__Exercise aim__: What you give must be exactly the lines of the material from the first through the line that contains "nil_of_length [] h = refl", inclusive, and no others.

__Recorded information__:
========================
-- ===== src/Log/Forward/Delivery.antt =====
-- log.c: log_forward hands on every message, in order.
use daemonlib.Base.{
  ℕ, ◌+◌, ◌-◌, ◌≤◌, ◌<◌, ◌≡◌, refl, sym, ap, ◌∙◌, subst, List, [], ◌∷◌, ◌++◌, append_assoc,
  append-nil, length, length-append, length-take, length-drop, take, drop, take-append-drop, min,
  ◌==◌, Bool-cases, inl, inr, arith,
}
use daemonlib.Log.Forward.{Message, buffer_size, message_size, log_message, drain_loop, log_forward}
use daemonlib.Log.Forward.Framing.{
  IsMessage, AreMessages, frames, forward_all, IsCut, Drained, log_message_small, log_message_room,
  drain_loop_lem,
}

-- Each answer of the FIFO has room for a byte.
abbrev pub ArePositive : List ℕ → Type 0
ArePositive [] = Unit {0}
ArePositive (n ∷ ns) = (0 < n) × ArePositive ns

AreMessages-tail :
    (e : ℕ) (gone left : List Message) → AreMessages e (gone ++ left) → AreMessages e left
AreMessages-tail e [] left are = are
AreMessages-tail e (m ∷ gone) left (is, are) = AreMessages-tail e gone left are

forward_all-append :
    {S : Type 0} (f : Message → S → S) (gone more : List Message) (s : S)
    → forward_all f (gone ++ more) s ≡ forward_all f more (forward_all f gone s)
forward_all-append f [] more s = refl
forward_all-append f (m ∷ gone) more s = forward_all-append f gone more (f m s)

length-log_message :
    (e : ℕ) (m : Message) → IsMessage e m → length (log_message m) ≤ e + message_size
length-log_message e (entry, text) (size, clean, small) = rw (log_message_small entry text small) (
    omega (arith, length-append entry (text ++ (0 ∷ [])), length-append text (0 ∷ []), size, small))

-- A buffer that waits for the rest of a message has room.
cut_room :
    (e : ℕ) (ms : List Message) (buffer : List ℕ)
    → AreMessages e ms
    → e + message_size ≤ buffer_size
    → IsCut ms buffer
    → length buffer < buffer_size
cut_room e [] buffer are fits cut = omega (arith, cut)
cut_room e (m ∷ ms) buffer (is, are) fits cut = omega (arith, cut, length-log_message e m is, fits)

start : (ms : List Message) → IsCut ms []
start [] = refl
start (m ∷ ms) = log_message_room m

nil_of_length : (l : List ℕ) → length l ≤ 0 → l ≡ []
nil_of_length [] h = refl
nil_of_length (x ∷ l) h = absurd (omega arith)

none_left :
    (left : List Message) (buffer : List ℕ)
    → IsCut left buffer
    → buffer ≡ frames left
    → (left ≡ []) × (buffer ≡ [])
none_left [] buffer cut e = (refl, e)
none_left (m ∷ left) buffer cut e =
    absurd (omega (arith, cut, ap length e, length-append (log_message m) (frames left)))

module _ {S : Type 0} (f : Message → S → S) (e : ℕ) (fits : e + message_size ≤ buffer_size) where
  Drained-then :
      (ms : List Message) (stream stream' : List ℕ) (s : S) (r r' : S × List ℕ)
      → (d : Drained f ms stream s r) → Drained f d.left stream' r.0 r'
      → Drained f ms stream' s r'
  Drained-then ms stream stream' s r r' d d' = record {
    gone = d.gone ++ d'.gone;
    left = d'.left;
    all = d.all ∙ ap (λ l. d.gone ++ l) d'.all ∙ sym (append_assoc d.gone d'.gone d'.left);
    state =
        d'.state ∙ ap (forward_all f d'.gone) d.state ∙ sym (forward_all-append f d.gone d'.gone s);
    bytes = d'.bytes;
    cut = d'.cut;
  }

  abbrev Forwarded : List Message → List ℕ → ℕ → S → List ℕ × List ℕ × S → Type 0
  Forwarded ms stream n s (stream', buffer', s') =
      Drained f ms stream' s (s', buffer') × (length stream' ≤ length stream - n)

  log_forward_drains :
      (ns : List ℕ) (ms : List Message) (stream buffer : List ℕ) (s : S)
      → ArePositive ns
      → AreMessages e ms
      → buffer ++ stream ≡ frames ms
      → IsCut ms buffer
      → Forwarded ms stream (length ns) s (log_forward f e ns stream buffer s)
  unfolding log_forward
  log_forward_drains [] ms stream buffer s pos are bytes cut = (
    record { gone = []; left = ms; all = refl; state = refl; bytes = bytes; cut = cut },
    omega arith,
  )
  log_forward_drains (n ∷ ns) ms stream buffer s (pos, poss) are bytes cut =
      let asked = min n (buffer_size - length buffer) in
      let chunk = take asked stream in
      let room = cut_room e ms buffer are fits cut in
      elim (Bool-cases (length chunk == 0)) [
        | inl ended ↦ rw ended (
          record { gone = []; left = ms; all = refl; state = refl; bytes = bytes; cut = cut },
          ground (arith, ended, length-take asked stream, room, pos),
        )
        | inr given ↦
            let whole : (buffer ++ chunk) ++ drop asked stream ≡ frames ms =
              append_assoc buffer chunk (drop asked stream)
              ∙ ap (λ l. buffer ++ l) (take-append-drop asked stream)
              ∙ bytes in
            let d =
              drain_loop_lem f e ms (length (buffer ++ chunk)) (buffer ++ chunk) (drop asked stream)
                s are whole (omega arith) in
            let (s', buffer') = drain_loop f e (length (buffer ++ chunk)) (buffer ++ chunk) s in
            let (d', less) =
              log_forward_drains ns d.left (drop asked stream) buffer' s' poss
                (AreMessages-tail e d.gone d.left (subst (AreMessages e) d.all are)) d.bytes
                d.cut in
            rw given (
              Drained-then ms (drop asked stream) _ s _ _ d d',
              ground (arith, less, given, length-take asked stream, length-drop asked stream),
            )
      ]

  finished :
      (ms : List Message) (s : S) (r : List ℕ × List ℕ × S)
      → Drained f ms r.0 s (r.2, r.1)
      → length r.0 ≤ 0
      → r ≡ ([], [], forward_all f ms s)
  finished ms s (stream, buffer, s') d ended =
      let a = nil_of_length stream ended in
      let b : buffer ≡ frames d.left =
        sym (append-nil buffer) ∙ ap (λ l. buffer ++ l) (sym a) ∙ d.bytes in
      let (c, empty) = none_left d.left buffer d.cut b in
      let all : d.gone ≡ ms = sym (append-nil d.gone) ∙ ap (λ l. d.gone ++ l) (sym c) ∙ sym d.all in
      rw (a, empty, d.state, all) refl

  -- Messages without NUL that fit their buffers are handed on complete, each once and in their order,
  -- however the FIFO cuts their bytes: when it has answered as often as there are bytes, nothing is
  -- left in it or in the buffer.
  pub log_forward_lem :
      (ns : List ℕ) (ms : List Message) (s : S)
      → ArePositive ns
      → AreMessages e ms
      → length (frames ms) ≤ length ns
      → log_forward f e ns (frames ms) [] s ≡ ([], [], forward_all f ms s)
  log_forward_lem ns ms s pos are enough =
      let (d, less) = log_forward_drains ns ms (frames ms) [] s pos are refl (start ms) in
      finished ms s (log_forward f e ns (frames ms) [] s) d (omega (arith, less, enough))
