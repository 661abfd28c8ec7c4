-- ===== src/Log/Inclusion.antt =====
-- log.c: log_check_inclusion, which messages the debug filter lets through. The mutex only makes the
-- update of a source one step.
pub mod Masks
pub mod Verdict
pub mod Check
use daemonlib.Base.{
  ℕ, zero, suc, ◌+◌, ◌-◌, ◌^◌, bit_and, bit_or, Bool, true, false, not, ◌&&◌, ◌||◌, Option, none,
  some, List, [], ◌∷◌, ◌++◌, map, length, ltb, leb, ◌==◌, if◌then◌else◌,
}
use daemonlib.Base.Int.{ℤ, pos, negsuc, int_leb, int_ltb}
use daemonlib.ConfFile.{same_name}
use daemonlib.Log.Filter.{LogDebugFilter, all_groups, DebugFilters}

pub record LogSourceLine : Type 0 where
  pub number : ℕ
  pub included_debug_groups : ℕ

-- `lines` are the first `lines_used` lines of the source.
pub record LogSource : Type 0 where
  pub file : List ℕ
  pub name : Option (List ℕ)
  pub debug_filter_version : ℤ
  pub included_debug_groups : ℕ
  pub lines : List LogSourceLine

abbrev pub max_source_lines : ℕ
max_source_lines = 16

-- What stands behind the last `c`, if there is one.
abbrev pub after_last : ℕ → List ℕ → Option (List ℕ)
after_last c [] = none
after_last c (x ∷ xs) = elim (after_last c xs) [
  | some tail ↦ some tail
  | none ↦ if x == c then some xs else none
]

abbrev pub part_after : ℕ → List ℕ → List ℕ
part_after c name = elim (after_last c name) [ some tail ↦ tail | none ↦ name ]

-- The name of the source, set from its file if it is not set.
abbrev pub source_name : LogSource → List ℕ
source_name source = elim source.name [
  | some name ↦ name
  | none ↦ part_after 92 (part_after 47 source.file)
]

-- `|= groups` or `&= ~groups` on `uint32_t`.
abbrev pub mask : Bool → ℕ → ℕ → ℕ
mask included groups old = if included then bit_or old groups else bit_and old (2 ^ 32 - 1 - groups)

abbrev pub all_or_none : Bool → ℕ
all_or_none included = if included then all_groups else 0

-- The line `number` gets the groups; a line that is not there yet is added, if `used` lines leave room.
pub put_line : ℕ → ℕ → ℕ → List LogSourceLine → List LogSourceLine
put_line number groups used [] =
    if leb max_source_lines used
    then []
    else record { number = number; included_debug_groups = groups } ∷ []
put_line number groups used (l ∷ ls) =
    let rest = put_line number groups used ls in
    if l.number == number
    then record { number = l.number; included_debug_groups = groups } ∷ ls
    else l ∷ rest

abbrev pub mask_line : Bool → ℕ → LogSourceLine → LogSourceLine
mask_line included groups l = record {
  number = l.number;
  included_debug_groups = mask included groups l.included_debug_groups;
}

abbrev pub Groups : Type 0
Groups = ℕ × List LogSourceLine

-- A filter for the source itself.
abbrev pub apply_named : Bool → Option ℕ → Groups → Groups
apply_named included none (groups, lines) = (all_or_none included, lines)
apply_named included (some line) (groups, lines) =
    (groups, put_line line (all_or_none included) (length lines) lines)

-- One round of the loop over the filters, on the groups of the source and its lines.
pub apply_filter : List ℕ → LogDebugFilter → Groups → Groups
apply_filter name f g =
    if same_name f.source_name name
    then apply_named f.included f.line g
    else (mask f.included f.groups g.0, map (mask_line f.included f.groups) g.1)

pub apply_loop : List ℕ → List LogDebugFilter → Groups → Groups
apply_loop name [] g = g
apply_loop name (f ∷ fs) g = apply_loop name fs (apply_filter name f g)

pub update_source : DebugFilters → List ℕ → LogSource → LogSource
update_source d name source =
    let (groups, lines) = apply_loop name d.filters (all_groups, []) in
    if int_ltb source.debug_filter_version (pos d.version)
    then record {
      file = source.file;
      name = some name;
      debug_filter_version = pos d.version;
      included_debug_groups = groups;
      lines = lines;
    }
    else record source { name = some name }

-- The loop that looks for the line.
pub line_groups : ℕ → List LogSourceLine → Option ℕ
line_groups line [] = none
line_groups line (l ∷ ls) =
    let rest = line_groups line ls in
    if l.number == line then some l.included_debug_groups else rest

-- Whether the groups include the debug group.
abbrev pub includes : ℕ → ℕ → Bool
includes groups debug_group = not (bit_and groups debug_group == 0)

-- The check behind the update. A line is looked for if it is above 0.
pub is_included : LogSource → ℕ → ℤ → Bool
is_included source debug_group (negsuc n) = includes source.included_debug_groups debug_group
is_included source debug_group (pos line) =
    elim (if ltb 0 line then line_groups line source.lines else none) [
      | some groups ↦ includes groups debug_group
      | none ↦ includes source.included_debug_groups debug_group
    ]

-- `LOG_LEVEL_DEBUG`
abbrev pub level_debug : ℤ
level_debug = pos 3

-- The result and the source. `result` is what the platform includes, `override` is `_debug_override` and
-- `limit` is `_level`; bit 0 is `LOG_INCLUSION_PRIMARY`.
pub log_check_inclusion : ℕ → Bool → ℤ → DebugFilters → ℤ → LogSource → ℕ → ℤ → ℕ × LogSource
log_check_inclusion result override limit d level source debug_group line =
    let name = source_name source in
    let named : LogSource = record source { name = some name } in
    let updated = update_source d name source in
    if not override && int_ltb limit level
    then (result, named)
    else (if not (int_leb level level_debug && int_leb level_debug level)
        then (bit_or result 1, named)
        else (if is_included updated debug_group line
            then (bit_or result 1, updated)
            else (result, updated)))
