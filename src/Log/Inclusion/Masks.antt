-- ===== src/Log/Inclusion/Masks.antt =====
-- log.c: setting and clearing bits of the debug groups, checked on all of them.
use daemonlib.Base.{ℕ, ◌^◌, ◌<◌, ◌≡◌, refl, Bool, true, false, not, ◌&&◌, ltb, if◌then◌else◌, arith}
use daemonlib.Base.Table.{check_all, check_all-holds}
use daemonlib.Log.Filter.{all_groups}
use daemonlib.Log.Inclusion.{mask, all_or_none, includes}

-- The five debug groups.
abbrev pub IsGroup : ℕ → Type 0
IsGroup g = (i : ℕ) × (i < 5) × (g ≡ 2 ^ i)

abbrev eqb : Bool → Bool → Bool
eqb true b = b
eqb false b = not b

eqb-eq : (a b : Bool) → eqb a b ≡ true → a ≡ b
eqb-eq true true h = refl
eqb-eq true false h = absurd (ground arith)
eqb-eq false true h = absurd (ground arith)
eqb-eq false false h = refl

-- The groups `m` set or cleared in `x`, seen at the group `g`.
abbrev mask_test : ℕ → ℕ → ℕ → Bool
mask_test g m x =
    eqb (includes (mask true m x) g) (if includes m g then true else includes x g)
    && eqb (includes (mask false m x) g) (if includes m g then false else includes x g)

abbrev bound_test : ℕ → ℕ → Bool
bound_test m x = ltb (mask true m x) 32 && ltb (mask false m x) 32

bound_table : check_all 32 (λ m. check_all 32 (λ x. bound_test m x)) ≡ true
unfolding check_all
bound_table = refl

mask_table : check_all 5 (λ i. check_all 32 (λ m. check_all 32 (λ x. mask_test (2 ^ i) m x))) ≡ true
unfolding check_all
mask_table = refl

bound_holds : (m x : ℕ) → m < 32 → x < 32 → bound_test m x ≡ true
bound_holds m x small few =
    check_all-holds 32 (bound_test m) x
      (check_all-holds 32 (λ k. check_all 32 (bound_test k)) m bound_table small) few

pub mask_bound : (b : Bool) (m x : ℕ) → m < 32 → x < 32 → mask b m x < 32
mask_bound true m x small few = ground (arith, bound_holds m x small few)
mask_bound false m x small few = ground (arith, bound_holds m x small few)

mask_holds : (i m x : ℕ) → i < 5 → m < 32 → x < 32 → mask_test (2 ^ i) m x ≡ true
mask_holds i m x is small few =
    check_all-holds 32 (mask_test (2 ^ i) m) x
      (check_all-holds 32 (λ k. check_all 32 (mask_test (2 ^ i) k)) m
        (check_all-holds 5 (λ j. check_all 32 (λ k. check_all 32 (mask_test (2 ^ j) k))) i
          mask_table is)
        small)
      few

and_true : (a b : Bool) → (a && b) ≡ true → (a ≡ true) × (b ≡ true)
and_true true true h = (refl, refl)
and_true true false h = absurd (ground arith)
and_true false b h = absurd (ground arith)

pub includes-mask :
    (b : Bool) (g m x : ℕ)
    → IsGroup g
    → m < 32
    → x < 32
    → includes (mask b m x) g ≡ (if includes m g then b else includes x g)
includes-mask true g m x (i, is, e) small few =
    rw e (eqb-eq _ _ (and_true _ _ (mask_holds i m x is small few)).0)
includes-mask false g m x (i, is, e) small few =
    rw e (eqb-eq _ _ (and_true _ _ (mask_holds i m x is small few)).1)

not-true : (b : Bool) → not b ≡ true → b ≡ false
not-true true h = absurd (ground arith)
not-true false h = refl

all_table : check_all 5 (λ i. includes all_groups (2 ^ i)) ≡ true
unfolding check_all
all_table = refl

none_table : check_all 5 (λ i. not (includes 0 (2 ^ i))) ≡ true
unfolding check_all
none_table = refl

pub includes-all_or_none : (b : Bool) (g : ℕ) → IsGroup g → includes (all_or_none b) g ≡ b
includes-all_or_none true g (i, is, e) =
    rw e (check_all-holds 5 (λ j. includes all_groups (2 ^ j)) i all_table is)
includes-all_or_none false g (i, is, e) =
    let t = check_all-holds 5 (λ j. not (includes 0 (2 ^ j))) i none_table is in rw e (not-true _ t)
========================
__Response area__:
-- ===== src/Log/Forward/Delivery.antt =====
-- log.c: log_forward hands on every message, in order.
use daemonlib.Base.{
  ℕ, ◌+◌, ◌-◌, ◌≤◌, ◌<◌, ◌≡◌, refl, sym, ap, ◌∙◌, subst, List, [], ◌∷◌, ◌++◌, append_assoc,
  append-nil, length, length-append, length-take, length-drop, take, drop, take-append-drop, min,
  ◌==◌, Bool-cases, inl, inr, arith,
}
use daemonlib.Log.Forward.{Message, buffer_size, message_size, log_message, drain_loop, log_forward}
use daemonlib.Log.Forward.Framing.{
  IsMessage, AreMessages, frames, forward_all, IsCut, Drained, log_message_small, log_message_room,
  drain_loop_lem,
}

-- Each answer of the FIFO has room for a byte.
abbrev pub ArePositive : List ℕ → Type 0
ArePositive [] = Unit {0}
ArePositive (n ∷ ns) = (0 < n) × ArePositive ns

AreMessages-tail :
    (e : ℕ) (gone left : List Message) → AreMessages e (gone ++ left) → AreMessages e left
AreMessages-tail e [] left are = are
AreMessages-tail e (m ∷ gone) left (is, are) = AreMessages-tail e gone left are

forward_all-append :
    {S : Type 0} (f : Message → S → S) (gone more : List Message) (s : S)
    → forward_all f (gone ++ more) s ≡ forward_all f more (forward_all f gone s)
forward_all-append f [] more s = refl
forward_all-append f (m ∷ gone) more s = forward_all-append f gone more (f m s)

length-log_message :
    (e : ℕ) (m : Message) → IsMessage e m → length (log_message m) ≤ e + message_size
length-log_message e (entry, text) (size, clean, small) = rw (log_message_small entry text small) (
    omega (arith, length-append entry (text ++ (0 ∷ [])), length-append text (0 ∷ []), size, small))

-- A buffer that waits for the rest of a message has room.
cut_room :
    (e : ℕ) (ms : List Message) (buffer : List ℕ)
    → AreMessages e ms
    → e + message_size ≤ buffer_size
    → IsCut ms buffer
    → length buffer < buffer_size
cut_room e [] buffer are fits cut = omega (arith, cut)
cut_room e (m ∷ ms) buffer (is, are) fits cut = omega (arith, cut, length-log_message e m is, fits)

start : (ms : List Message) → IsCut ms []
start [] = refl
start (m ∷ ms) = log_message_room m

nil_of_length : (l : List ℕ) → length l ≤ 0 → l ≡ []
nil_of_length [] h = refl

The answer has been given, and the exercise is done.